**Activity:** Return exactly the span of lines in the following data that opens with the line containing "inflate_on rest wants_more true" and closes with the line containing "inflate_turn rest r". Include nothing else.

Start of Data for analysis

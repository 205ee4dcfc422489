-- ===== src/Targz/Names/Safe.antt =====
-- Which names `safeEntryName` accepts, in terms of the components of a path.
use spangap_core.Base.{
  ℕ, suc, ◌+◌, ◌-◌, ◌<◌, ◌≡◌, ◌≢◌, ◌∙◌, refl, ap, inl, inr, List, [], ◌∷◌, ◌++◌, true, false,
  Bool-cases, arith, leb, ◌==◌, ne→==, ==→ne, leb→lt, lt→leb, if◌then◌else◌, All, append_assoc,
  length, get_or, length-append, ◌↔◌,
}
use spangap_core.Targz.Names.{slash, dot, is_dotdot, safe_loop, safe_entry_name}

-- The parts between the slashes; `cur` is what has been read of the first one.
components_from : List ℕ → List ℕ → List (List ℕ)
components_from cur [] = cur ∷ []
components_from cur (c ∷ rest) =
    let next = components_from [] rest in
    let same = components_from (cur ++ (c ∷ [])) rest in if c == slash then cur ∷ next else same

pub components : List ℕ → List (List ℕ)
components name = components_from [] name

abbrev pub all_but_last {ℓ} : {A : Type ℓ} → List A → List A
all_but_last [] = []
all_but_last (x ∷ []) = []
all_but_last (x ∷ y ∷ r) = x ∷ all_but_last (y ∷ r)

abbrev dotdot : List ℕ
dotdot = dot ∷ dot ∷ []

-- No component climbs, and only the last one may be empty.
pub record Climbless (parts : List (List ℕ)) : Type 0 where
  pub no_dotdot : All (λ s. s ≢ dotdot) parts
  pub nonempty : All (λ s. s ≢ []) (all_but_last parts)

all_but_last-cons :
    (x cur rest : List ℕ)
    → all_but_last (x ∷ components_from cur rest) ≡ x ∷ all_but_last (components_from cur rest)
unfolding components_from
all_but_last-cons x cur [] = refl
all_but_last-cons x cur (c ∷ rest) = elim (Bool-cases (c == slash)) [
  | inl e ↦ rw e
  | inr e ↦ rw e (all_but_last-cons x (cur ++ (c ∷ [])) rest)
]

get_or-at : (pre t : List ℕ) (k : ℕ) → get_or (pre ++ t) (length pre + k) 0 ≡ get_or t k 0
get_or-at [] t k = ap (λ (n : ℕ). get_or t n 0) (omega arith)
get_or-at (x ∷ pre) t k =
    ap (λ (n : ℕ). get_or (x ∷ (pre ++ t)) n 0) (suc_first (length pre) k) ∙ get_or-at pre t k
  where
    suc_first : (a b : ℕ) → suc a + b ≡ suc (a + b)
    suc_first a b = omega arith

-- The test on the indices says what it should of the component.
module _ (pre cur rest : List ℕ) (i : ℕ) (hi : i ≡ length pre + length cur) where
  dotdot_found : is_dotdot (pre ++ (cur ++ rest)) i (length pre) ≡ true → cur ≡ dotdot
  unfolding is_dotdot
  dotdot_found = go cur hi
    where
      go :
          (s : List ℕ)
          → i ≡ length pre + length s
          → is_dotdot (pre ++ (s ++ rest)) i (length pre) ≡ true
          → s ≡ dotdot
      go [] e h = ground arith
      go (a ∷ []) e h = ground arith
      go (a ∷ b ∷ []) e h =
          ground (arith, get_or-at pre (a ∷ b ∷ rest) 0, get_or-at pre (a ∷ b ∷ rest) 1)
      go (a ∷ b ∷ c ∷ s) e h = ground arith

  dotdot_missed : is_dotdot (pre ++ (cur ++ rest)) i (length pre) ≡ false → cur ≢ dotdot
  unfolding is_dotdot
  dotdot_missed h e = ground (
    arith,
    ap length e,
    rw e at h,
    get_or-at pre (dot ∷ dot ∷ rest) 0,
    get_or-at pre (dot ∷ dot ∷ rest) 1,
  )

dotdot_free :
    (name pre cur rest : List ℕ) (i start : ℕ)
    → name ≡ pre ++ (cur ++ rest)
    → start ≡ length pre
    → i ≡ start + length cur
    → (is_dotdot name i start ≡ false) ↔ (cur ≢ dotdot)
dotdot_free name pre cur rest i start en es ei =
    (λ h. dotdot_missed pre cur rest i at_cur (rw (en, es) at h), λ ne. rw (en, es) (missed ne))
  where
    at_cur : i ≡ length pre + length cur
    at_cur = omega arith

    missed : cur ≢ dotdot → is_dotdot (pre ++ (cur ++ rest)) i (length pre) ≡ false
    missed ne = elim (Bool-cases (is_dotdot (pre ++ (cur ++ rest)) i (length pre))) [
      | inl found ↦ absurd (ne (dotdot_found pre cur rest i at_cur found))
      | inr h ↦ h
    ]

regroup :
    (pre cur rest : List ℕ) (c : ℕ)
    → pre ++ (cur ++ (c ∷ rest)) ≡ (pre ++ (cur ++ (c ∷ []))) ++ rest
regroup pre cur rest c = simp append_assoc

regroup_cur :
    (pre cur rest : List ℕ) (c : ℕ)
    → pre ++ (cur ++ (c ∷ rest)) ≡ pre ++ ((cur ++ (c ∷ [])) ++ rest)
regroup_cur pre cur rest c = simp append_assoc

nil_of_length : (s : List ℕ) → length s ≡ 0 → s ≡ []
nil_of_length [] h = refl
nil_of_length (c ∷ s) h = absurd (omega arith)

Climbless-cons :
    (x cur rest : List ℕ)
    → Climbless (x ∷ components_from cur rest)
      ↔ ((x ≢ dotdot) × (x ≢ []) × Climbless (components_from cur rest))
Climbless-cons x cur rest = (
  λ h.
      let n : All (λ s. s ≢ []) (x ∷ all_but_last (components_from cur rest)) =
        rw (all_but_last-cons x cur rest) at h.nonempty in
      (h.no_dotdot.0, n.0, record { no_dotdot = h.no_dotdot.1; nonempty = n.1 }),
  λ h. record {
    no_dotdot = (h.0, h.2.no_dotdot);
    nonempty = rw (all_but_last-cons x cur rest) (h.1, h.2.nonempty);
  },
)

safe_loop-Climbless :
    (name pre cur rest : List ℕ) (i start : ℕ)
    → name ≡ pre ++ (cur ++ rest)
    → start ≡ length pre
    → i ≡ start + length cur
    → safe_loop name i start rest ≡ true
    → Climbless (components_from cur rest)
unfolding safe_loop components_from
safe_loop-Climbless name pre cur [] i start en es ei h = record {
  no_dotdot = ((dotdot_free name pre cur [] i start en es ei).0 (ground arith), tt);
  nonempty = tt;
}
safe_loop-Climbless name pre cur (c ∷ rest) i start en es ei h = elim (Bool-cases (c == slash)) [
  | inr other ↦ rw other (
      safe_loop-Climbless name pre (cur ++ (c ∷ [])) rest (i + 1) start
        (en ∙ regroup_cur pre cur rest c) es (omega (arith, length-append cur (c ∷ [])))
        (rw other at h))
  | inl here ↦ elim (Bool-cases (i - start == 0)) [
    | inl empty ↦ cc (rw (here, empty) at h)
    | inr full ↦ elim (Bool-cases (is_dotdot name i start)) [
      | inl up ↦ cc (rw (here, full, up) at h)
      | inr fine ↦ rw here (
          (Climbless-cons cur [] rest).1 (
            (dotdot_free name pre cur (c ∷ rest) i start en es ei).0 fine,
            (λ e. ==→ne _ _ full (omega (arith, ap length e))),
            safe_loop-Climbless name (pre ++ (cur ++ (c ∷ []))) [] rest (i + 1) (i + 1)
                (en ∙ regroup pre cur rest c) (omega (arith, lengths)) (omega arith)
                (rw (here, full, fine) at h),
          ))
    ]
  ]
]
  where
    lengths : length (pre ++ (cur ++ (c ∷ []))) ≡ length pre + length cur + 1
    lengths = omega (arith, length-append pre (cur ++ (c ∷ [])), length-append cur (c ∷ []))

Climbless-safe_loop :
    (name pre cur rest : List ℕ) (i start : ℕ)
    → name ≡ pre ++ (cur ++ rest)
    → start ≡ length pre
    → i ≡ start + length cur
    → Climbless (components_from cur rest)
    → safe_loop name i start rest ≡ true
unfolding safe_loop components_from
Climbless-safe_loop name pre cur [] i start en es ei h =
    rw ((dotdot_free name pre cur [] i start en es ei).1 h.no_dotdot.0)
Climbless-safe_loop name pre cur (c ∷ rest) i start en es ei h = elim (Bool-cases (c == slash)) [
  | inr other ↦ rw other (
      Climbless-safe_loop name pre (cur ++ (c ∷ [])) rest (i + 1) start
        (en ∙ regroup_cur pre cur rest c) es (omega (arith, length-append cur (c ∷ [])))
        (rw other at h))
  | inl here ↦
      let (up, full, later) = (Climbless-cons cur [] rest).0 (rw here at h) in
      rw
        (
          here,
          ne→== (i - start) 0 (λ e. full (nil_of_length cur (omega arith))),
          (dotdot_free name pre cur (c ∷ rest) i start en es ei).1 up,
        )
        (Climbless-safe_loop name (pre ++ (cur ++ (c ∷ []))) [] rest (i + 1) (i + 1)
          (en ∙ regroup pre cur rest c) (omega (arith, lengths)) (omega arith) later)
]
  where
    lengths : length (pre ++ (cur ++ (c ∷ []))) ≡ length pre + length cur + 1
    lengths = omega (arith, length-append pre (cur ++ (c ∷ [])), length-append cur (c ∷ []))

-- What may be written to the filesystem: a relative path of 1 to 255 bytes that never climbs.
pub record IsSafe (name : List ℕ) : Type 0 where
  pub some_bytes : name ≢ []
  pub short : length name < 256
  pub relative : get_or name 0 0 ≢ slash
  pub climbless : Climbless (components name)

-- `safeEntryName` accepts a name exactly when it has 1 to 255 bytes, does not begin with '/', has no
-- ".." among its components and no empty component but the last.
pub safe_entry_name_iff : (name : List ℕ) → (safe_entry_name name ≡ true) ↔ IsSafe name
unfolding safe_entry_name components
safe_entry_name_iff name = (accepted, safe)
  where
    accepted : safe_entry_name name ≡ true → IsSafe name
    accepted h = elim (Bool-cases (length name == 0)) [
      | inl none ↦ cc (rw none at h)
      | inr full ↦ elim (Bool-cases (get_or name 0 0 == slash)) [
        | inl abs ↦ cc (rw (full, abs) at h)
        | inr rel ↦ elim (Bool-cases (leb 256 (length name))) [
          | inl long ↦ cc (rw (full, rel, long) at h)
          | inr short ↦ record {
            some_bytes = λ e. ==→ne _ _ full (ap length e);
            short = leb→lt _ _ short;
            relative = ==→ne _ _ rel;
            climbless =
                safe_loop-Climbless name [] [] name 0 0 refl refl refl (rw (full, rel, short) at h);
          }
        ]
      ]
    ]

    safe : IsSafe name → safe_entry_name name ≡ true
    safe s =
        rw
          (
            ne→== (length name) 0 (λ e. s.some_bytes (nil_of_length name e)),
            ne→== (get_or name 0 0) slash s.relative,
            lt→leb 256 (length name) s.short,
          )
          (Climbless-safe_loop name [] [] name 0 0 refl refl refl s.climbless)
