-- ===== src/Targz/Reader.antt =====
-- targz_reader_t, targzReaderOpen, inflateSome, targzReaderFeed, targzReaderFinish and targzErrStr of
-- esp-idf/src/targz.cpp. tinfl with its window, and the CRC, are the record Tinfl; allocation succeeds.
pub mod Hold
pub mod Handed
pub mod Footer
use spangap_core.Base.{
  ℕ, zero, suc, ◌+◌, ◌-◌, ◌*◌, ◌%◌, min, Bool, true, false, not, ◌&&◌, ◌||◌, Option, none, some,
  List, [], ◌∷◌, ◌++◌, ltb, leb, ◌==◌, if◌then◌else◌, length, get_or, take, drop, codes,
}
use spangap_core.Targz.Tar.{
  Err, ok, err_magic, err_deflate, err_tar, err_unsafe, err_crc, err_truncated, err_sink, err_mem,
  TarStage, tar_hdr, tar_data, tar_pad, tar_end, Tar, Callbacks, tar_consume,
}
use spangap_core.Targz.Gzip.{
  GzStage, GzHead, gz_header, gz_fixed, gz_extra_len, gz_extra, gz_fname, gz_fcomment, gz_fhcrc,
  gz_deflate, gz_footer,
}

-- How a call of tinfl_decompress ended: done, more to come (a positive status), failed (a negative one).
pub data InflateStatus : Type 0 where
  all_done wants_more has_failed : InflateStatus

pub record Inflated (D : Type 0) : Type 0 where
  pub status : InflateStatus
  pub taken : ℕ
  pub output : List ℕ
  pub inf : D

-- `decompress d input room final`: `final` is a call without TINFL_FLAG_HAS_MORE_INPUT. `rounds` bounds
-- the calls that a run can take, the fuel of the loop of inflateSome.
pub record Tinfl : Type 1 where
  pub D : Type 0
  pub inf_init : D
  pub decompress : D → List ℕ → ℕ → Bool → Inflated D
  pub crc32 : ℕ → List ℕ → ℕ
  pub rounds : D → List ℕ → ℕ

pub record Reader (D Ctx : Type 0) : Type 0 where
  pub inf : D
  pub dict_ofs : ℕ
  pub head : GzHead
  pub hold : List ℕ
  pub crc : ℕ
  pub raw_len : ℕ
  pub tar : Tar Ctx
  pub err : Err

abbrev pub dict_size : ℕ
dict_size = 32768

abbrev pub gz_foot_len : ℕ
gz_foot_len = 8

abbrev pub stage_of : {D Ctx : Type 0} → Reader D Ctx → GzStage
stage_of r = r.head.gz

abbrev pub in_deflate : GzStage → Bool
in_deflate gz_deflate = true
in_deflate _ = false

abbrev pub past_header : GzStage → Bool
past_header gz_deflate = true
past_header gz_footer = true
past_header _ = false

abbrev pub is_ok : Err → Bool
is_ok ok = true
is_ok _ = false

unfoldable pub targz_err_str : Err → List ℕ
targz_err_str ok = codes "ok"
targz_err_str err_magic = codes "not a gzip archive"
targz_err_str err_deflate = codes "corrupt compressed data"
targz_err_str err_tar = codes "corrupt archive"
targz_err_str err_unsafe = codes "archive contains an unsafe entry"
targz_err_str err_crc = codes "archive checksum mismatch"
targz_err_str err_truncated = codes "archive truncated"
targz_err_str err_sink = codes "could not write extracted data"
targz_err_str err_mem = codes "out of memory"

module _ (tn : Tinfl) (cb : Callbacks) where
  abbrev pub R : Type 0
  R = Reader tn.D cb.Ctx

  unfoldable pub targz_reader_open : cb.Ctx → R
  targz_reader_open ctx = record {
    inf = tn.inf_init;
    dict_ofs = 0;
    head = record { gz = gz_fixed; buf = []; have = 0; flags = 0; extra_left = 0 };
    hold = [];
    crc = 0;
    raw_len = 0;
    tar = record {
      ctx = ctx;
      stage = tar_hdr;
      hdr = [];
      pending = 0;
      pad = 0;
      zero_blocks = 0;
      entries = 0;
      bytes = 0;
      in_file = false;
    };
    err = ok;
  }

  -- What tarConsume makes of a run; it always gives an outcome from a state that it has left.
  unfoldable pub consumed : R → ℕ → Option (Err × Tar cb.Ctx) → R
  consumed r n none = record r { err = err_tar }
  consumed r n (some (ok, t)) = record r { tar = t; dict_ofs = (r.dict_ofs + n) % dict_size }
  consumed r n (some (e, t)) = record r { tar = t; err = e }

  -- The bytes that a call put out, if any, go into the CRC, the length and the tar parser.
  unfoldable pub take_output : R → List ℕ → R
  take_output r [] = r
  take_output r (c ∷ out) =
      consumed
        record r {
          crc = tn.crc32 r.crc (c ∷ out);
          raw_len = (r.raw_len + length (c ∷ out)) % 18446744073709551616;
        }
        (length (c ∷ out)) (tar_consume cb r.tar (c ∷ out))

  abbrev pub to_stage : R → GzStage → R
  to_stage r gz = record r { head = record (r.head) { gz = gz } }

  -- How a turn of inflateSome goes on: `rest` is the loop. The bytes not consumed come with the state.
  unfoldable pub inflate_on :
      (R → List ℕ → R × List ℕ) → InflateStatus → Bool → R → List ℕ → R × List ℕ
  inflate_on rest all_done stuck r p = (to_stage r gz_footer, p)
  inflate_on rest has_failed stuck r p = (record r { err = err_deflate }, p)
  inflate_on rest wants_more true r p = (r, p)
  inflate_on rest wants_more false r p = rest r p

  unfoldable pub inflate_turn : (R → List ℕ → R × List ℕ) → R → List ℕ → Inflated tn.D → R × List ℕ
  inflate_turn rest r p d =
      let r1 = take_output record r { inf = d.inf } d.output in
      let left = drop d.taken p in
      if not (is_ok r1.err)
      then (r1, left)
      else inflate_on rest d.status (d.taken == 0 && length d.output == 0) r1 left

  unfoldable pub inflate_loop : ℕ → Bool → R → List ℕ → R × List ℕ
  inflate_loop zero final r p = (r, p)
  inflate_loop (suc fuel) final r p =
      if in_deflate (stage_of r)
      then inflate_turn (inflate_loop fuel final) r p
          (tn.decompress r.inf p (dict_size - r.dict_ofs) final)
      else (r, p)

  unfoldable pub inflate_some : R → List ℕ → Bool → R × List ℕ
  inflate_some r p final = inflate_loop (tn.rounds r.inf p) final r p

  -- A run handed to the decompressor: bytes left while the stream is open are an error.
  unfoldable pub judge : R × List ℕ → R
  judge (r, []) = r
  judge (r, c ∷ left) =
      if is_ok r.err && in_deflate (stage_of r) then record r { err = err_deflate } else r

  unfoldable pub feed_run : R → List ℕ → R
  feed_run r [] = r
  feed_run r (c ∷ p) = if is_ok r.err then judge (inflate_some r (c ∷ p) false) else r

  -- The new hold counts only when both runs went well.
  unfoldable pub hold_next : R → List ℕ → R
  hold_next r next = if is_ok r.err then record r { hold = next } else r

  unfoldable pub feed_body : R → List ℕ → R
  feed_body r p =
      let total = length r.hold + length p in
      let feed = total - gz_foot_len in
      let from_hold = min feed (length r.hold) in
      let from_data = feed - from_hold in
      let next = drop from_hold r.hold ++ drop from_data p in
      if leb total gz_foot_len
      then record r { hold = r.hold ++ p }
      else hold_next (feed_run (feed_run r (take from_hold r.hold)) (take from_data p)) next

  unfoldable pub feed_header : R → Err × GzHead × List ℕ → R
  feed_header r (ok, h, p) =
      if in_deflate h.gz then feed_body (record r { head = h }) p else record r { head = h }
  feed_header r (e, h, p) = record r { head = h; err = e }

  -- targzReaderFeed; its result is the state's `err`.
  unfoldable pub targz_reader_feed : R → List ℕ → R
  targz_reader_feed r p =
      if not (is_ok r.err)
      then r
      else if past_header (stage_of r)
      then feed_body r p
      else feed_header r (gz_header r.head p)

  unfoldable pub close_stream : R → R
  close_stream r = if is_ok r.err && in_deflate (stage_of r) then (inflate_some r [] true).0 else r

  abbrev pub mid_entry : TarStage → Bool
  mid_entry tar_data = true
  mid_entry tar_pad = true
  mid_entry tar_hdr = false
  mid_entry tar_end = false

  -- A little-endian number of four bytes.
  abbrev pub word_at : List ℕ → ℕ
  word_at p = get_or p 0 0 + 256 * get_or p 1 0 + 65536 * get_or p 2 0 + 16777216 * get_or p 3 0

  unfoldable pub verdict : R → Err
  verdict r =
      if not (is_ok r.err)
      then r.err
      else if in_deflate (stage_of r)
      then err_truncated
      else if ltb (length r.hold) gz_foot_len
      then err_truncated
      else if mid_entry r.tar.stage || not (length r.tar.hdr == 0)
      then err_truncated
      else if word_at r.hold == r.crc && word_at (drop 4 r.hold) == r.raw_len % 4294967296
      then ok
      else err_crc

  -- targzReaderFinish: the result, the entries and the bytes.
  unfoldable pub targz_reader_finish : R → Err × ℕ × ℕ
  targz_reader_finish r = let c = close_stream r in (verdict c, c.tar.entries, c.tar.bytes)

End of Data for analysis

**Expected output:**
  inflate_on rest wants_more true r p = (r, p)
  inflate_on rest wants_more false r p = rest r p

  unfoldable pub inflate_turn : (R → List ℕ → R × List ℕ) → R → List ℕ → Inflated tn.D → R × List ℕ
  inflate_turn rest r p d =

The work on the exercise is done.